— Prompt —
The expected answer is the set of lines in the data below between the line holding "on_nack_loss-IsCongestion c now v = elim" and the line holding "abbrev signals : List Signal", inclusive, written out exactly.

— Records supplied —
↓

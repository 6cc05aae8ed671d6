-- ===== src/Session/Congestion/Window.antt =====
-- The congestion window against its limits, through acknowledgements and losses.
use raknet_rust.Common.{ℕ, ◌≡◌, ◌∙◌, inl, inr, true, ltb, List, [], ◌∷◌, Bool-cases, subst, arith}
use raknet_rust.Common.Floats.{Floats, IsFloats, ◌≼◌}
use raknet_rust.Session.Congestion.{
  Congestion, on_reliable_ack, apply_loss_backoff, on_timeout, on_nack_loss,
  can_emit_new_reliable_datagram,
}

-- What the network tells: an ACK, a timeout, or a NACK, the latter at an instant.
pub data Signal : Type 0 where
  acked : Signal
  timed_out : ℕ → Signal
  refused : ℕ → Signal

module _ {F : Type 0} ⦃d : Floats F⦄ where
  -- The limits are those that `with_tunables` sets.
  pub record IsCongestion (c : Congestion F) : Type 0 where
    pub one : d.decimal 1 0 ≼ c.min_congestion_window_packets
    pub limits : c.min_congestion_window_packets ≼ c.max_congestion_window_packets
    pub low : c.min_congestion_window_packets ≼ c.congestion_window_packets
    pub high : c.congestion_window_packets ≼ c.max_congestion_window_packets
    pub on_nack :
        c.congestion_multiplicative_decrease_nack ≼ c.congestion_multiplicative_decrease_nack
    pub timeout :
        c.congestion_multiplicative_decrease_timeout ≼ c.congestion_multiplicative_decrease_timeout

  unfoldable pub react : Congestion F → Signal → Congestion F
  react c acked = on_reliable_ack c
  react c (timed_out now) = on_timeout c now
  react c (refused now) = on_nack_loss c now

  unfoldable pub react_all : Congestion F → List Signal → Congestion F
  react_all c [] = c
  react_all c (s ∷ ss) = react_all (react c s) ss

module _ {F : Type 0} ⦃d : Floats F⦄ (law : IsFloats F) where
  zero_one : d.decimal 0 0 ≼ d.decimal 1 0
  zero_one = law.le-decimal 0 1 0 (omega arith)

  window_nonneg : (c : Congestion F) → IsCongestion c → d.decimal 0 0 ≼ c.congestion_window_packets
  window_nonneg c v = law.le_trans _ _ _ zero_one (law.le_trans _ _ _ v.one v.low)

  zero_lem : d.decimal 0 3 ≡ d.decimal 0 0
  zero_lem = law.decimal-shift 0 2 ∙ law.decimal-shift 0 1 ∙ law.decimal-shift 0 0

  least_gain : (x : F) → d.decimal 0 0 ≼ d.fmax x (d.decimal 1 3)
  least_gain x =
      let start : d.decimal 0 3 ≼ d.decimal 1 3 = law.le-decimal 0 1 3 (omega arith) in
      law.le_trans _ _ _ (subst (λ z. z ≼ d.decimal 1 3) zero_lem start)
        (law.le-fmax x (d.decimal 1 3) (law.le_number _ _ start).1)

  pub on_reliable_ack-IsCongestion :
      (c : Congestion F) → IsCongestion c → IsCongestion (on_reliable_ack c)
  unfolding on_reliable_ack
  on_reliable_ack-IsCongestion c v =
      let (low, high) =
        law.le-clamp _ _ _ (law.add_number _ _ (window_nonneg c v) (least_gain _)) v.limits in
      record {
        one = v.one;
        limits = v.limits;
        low = low;
        high = high;
        on_nack = v.on_nack;
        timeout = v.timeout;
      }

  -- A factor between 0.1 and 0.99.
  factor_lem :
      (x : F)
      → x ≼ x
      → let y = d.clamp x (d.decimal 1 1) (d.decimal 99 2) in
        (d.decimal 1 1 ≼ y) × (y ≼ d.decimal 1 0)
  factor_lem x n =
      let tenth : d.decimal 1 1 ≼ d.decimal 99 2 =
        subst (λ z. z ≼ d.decimal 99 2) (law.decimal-shift 1 1)
          (law.le-decimal 10 99 2 (omega arith)) in
      let small : d.decimal 99 2 ≼ d.decimal 1 0 =
        subst (λ z. d.decimal 99 2 ≼ z) (law.decimal-shift 10 1 ∙ law.decimal-shift 1 0)
          (law.le-decimal 99 100 2 (omega arith)) in
      let (low, high) = law.le-clamp x _ _ n tenth in (low, law.le_trans _ _ _ high small)

  apply_loss_backoff-IsCongestion :
      (c : Congestion F) (x : F) → x ≼ x → IsCongestion c → IsCongestion (apply_loss_backoff c x)
  unfolding apply_loss_backoff
  apply_loss_backoff-IsCongestion c x n v =
      let (tenth, one) = factor_lem x n in
      let (low, high) =
        law.le-clamp _ _ _ (law.mul_number _ _ (window_nonneg c v) tenth one) v.limits in
      record {
        one = v.one;
        limits = v.limits;
        low = low;
        high = high;
        on_nack = v.on_nack;
        timeout = v.timeout;
      }

  pub on_timeout-IsCongestion :
      (c : Congestion F) (now : ℕ) → IsCongestion c → IsCongestion (on_timeout c now)
  unfolding on_timeout apply_loss_backoff
  on_timeout-IsCongestion c now v =
      let v' = apply_loss_backoff-IsCongestion c _ v.timeout v in
      record {
        one = v'.one;
        limits = v'.limits;
        low = v'.low;
        high = v'.high;
        on_nack = v'.on_nack;
        timeout = v'.timeout;
      }

  pub on_nack_loss-IsCongestion :
      (c : Congestion F) (now : ℕ) → IsCongestion c → IsCongestion (on_nack_loss c now)
  unfolding on_nack_loss apply_loss_backoff
  on_nack_loss-IsCongestion c now v = elim (Bool-cases (ltb now c.next_nack_loss_backoff)) [
    | inl t ↦ rw t v
    | inr f ↦
        let v' = apply_loss_backoff-IsCongestion c _ v.on_nack v in
        rw f record {
          one = v'.one;
          limits = v'.limits;
          low = v'.low;
          high = v'.high;
          on_nack = v'.on_nack;
          timeout = v'.timeout;
        }
  ]

  react-IsCongestion : (c : Congestion F) (s : Signal) → IsCongestion c → IsCongestion (react c s)
  unfolding react
  react-IsCongestion c acked v = on_reliable_ack-IsCongestion c v
  react-IsCongestion c (timed_out now) v = on_timeout-IsCongestion c now v
  react-IsCongestion c (refused now) v = on_nack_loss-IsCongestion c now v

  -- Whatever acknowledgements, timeouts and refusals come, the congestion window stays between its
  -- limits, and a session that has nothing in flight may send a reliable datagram. The lower limit is 1
  -- packet at least, and the factors of the back-off are numbers.
  pub react_all-IsCongestion :
      (c : Congestion F) (ss : List Signal)
      → IsCongestion c
      → IsCongestion (react_all c ss) × (can_emit_new_reliable_datagram (react_all c ss) 0 ≡ true)
  unfolding react_all can_emit_new_reliable_datagram
  react_all-IsCongestion c [] v = (v, law.lt-floor _ (law.le-fmax _ _ (law.le_number _ _ v.one).0))
  react_all-IsCongestion c (s ∷ ss) v =
      react_all-IsCongestion (react c s) ss (react-IsCongestion c s v)
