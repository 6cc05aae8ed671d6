-- ===== src/Session/Congestion/Tests.antt =====
-- The theorem on the congestion window at a concrete history, in numbers of thousandths.
use raknet_rust.Common.{◌≡◌, refl, true, List, [], ◌∷◌}
use raknet_rust.Common.Floats.{thousandths, ℕ-IsFloats}
use raknet_rust.Session.Congestion.Samples.{fresh}
use raknet_rust.Session.Congestion.{can_emit_new_reliable_datagram}
use raknet_rust.Session.Congestion.Window.{
  Signal, acked, timed_out, refused, IsCongestion, react_all, react_all-IsCongestion,
}

fresh-IsCongestion : IsCongestion fresh
fresh-IsCongestion = record {
  one = refl;
  limits = refl;
  low = refl;
  high = refl;
  on_nack = refl;
  timeout = refl;
}

abbrev signals : List Signal
signals = acked ∷ refused 9 ∷ acked ∷ timed_out 70 ∷ []

react_all-IsCongestion_four :
    IsCongestion (react_all fresh signals)
    × (can_emit_new_reliable_datagram (react_all fresh signals) 0 ≡ true)
react_all-IsCongestion_four = react_all-IsCongestion ℕ-IsFloats fresh signals fresh-IsCongestion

↑

— Response —
  on_nack_loss-IsCongestion c now v = elim (Bool-cases (ltb now c.next_nack_loss_backoff)) [
    | inl t ↦ rw t v
    | inr f ↦
        let v' = apply_loss_backoff-IsCongestion c _ v.on_nack v in
        rw f record {
          one = v'.one;
          limits = v'.limits;
          low = v'.low;
          high = v'.high;
          on_nack = v'.on_nack;
          timeout = v'.timeout;
        }
  ]

  react-IsCongestion : (c : Congestion F) (s : Signal) → IsCongestion c → IsCongestion (react c s)
  unfolding react
  react-IsCongestion c acked v = on_reliable_ack-IsCongestion c v
  react-IsCongestion c (timed_out now) v = on_timeout-IsCongestion c now v
  react-IsCongestion c (refused now) v = on_nack_loss-IsCongestion c now v

  -- Whatever acknowledgements, timeouts and refusals come, the congestion window stays between its
  -- limits, and a session that has nothing in flight may send a reliable datagram. The lower limit is 1
  -- packet at least, and the factors of the back-off are numbers.
  pub react_all-IsCongestion :
      (c : Congestion F) (ss : List Signal)
      → IsCongestion c
      → IsCongestion (react_all c ss) × (can_emit_new_reliable_datagram (react_all c ss) 0 ≡ true)
  unfolding react_all can_emit_new_reliable_datagram
  react_all-IsCongestion c [] v = (v, law.lt-floor _ (law.le-fmax _ _ (law.le_number _ _ v.one).0))
  react_all-IsCongestion c (s ∷ ss) v =
      react_all-IsCongestion (react c s) ss (react-IsCongestion c s v)
repository 6cc05aae8ed671d6
-- ===== src/Session/Congestion/Tests.antt =====
-- The theorem on the congestion window at a concrete history, in numbers of thousandths.
use raknet_rust.Common.{◌≡◌, refl, true, List, [], ◌∷◌}
use raknet_rust.Common.Floats.{thousandths, ℕ-IsFloats}
use raknet_rust.Session.Congestion.Samples.{fresh}
use raknet_rust.Session.Congestion.{can_emit_new_reliable_datagram}
use raknet_rust.Session.Congestion.Window.{
  Signal, acked, timed_out, refused, IsCongestion, react_all, react_all-IsCongestion,
}

fresh-IsCongestion : IsCongestion fresh
fresh-IsCongestion = record {
  one = refl;
  limits = refl;
  low = refl;
  high = refl;
  on_nack = refl;
  timeout = refl;
}

abbrev signals : List Signal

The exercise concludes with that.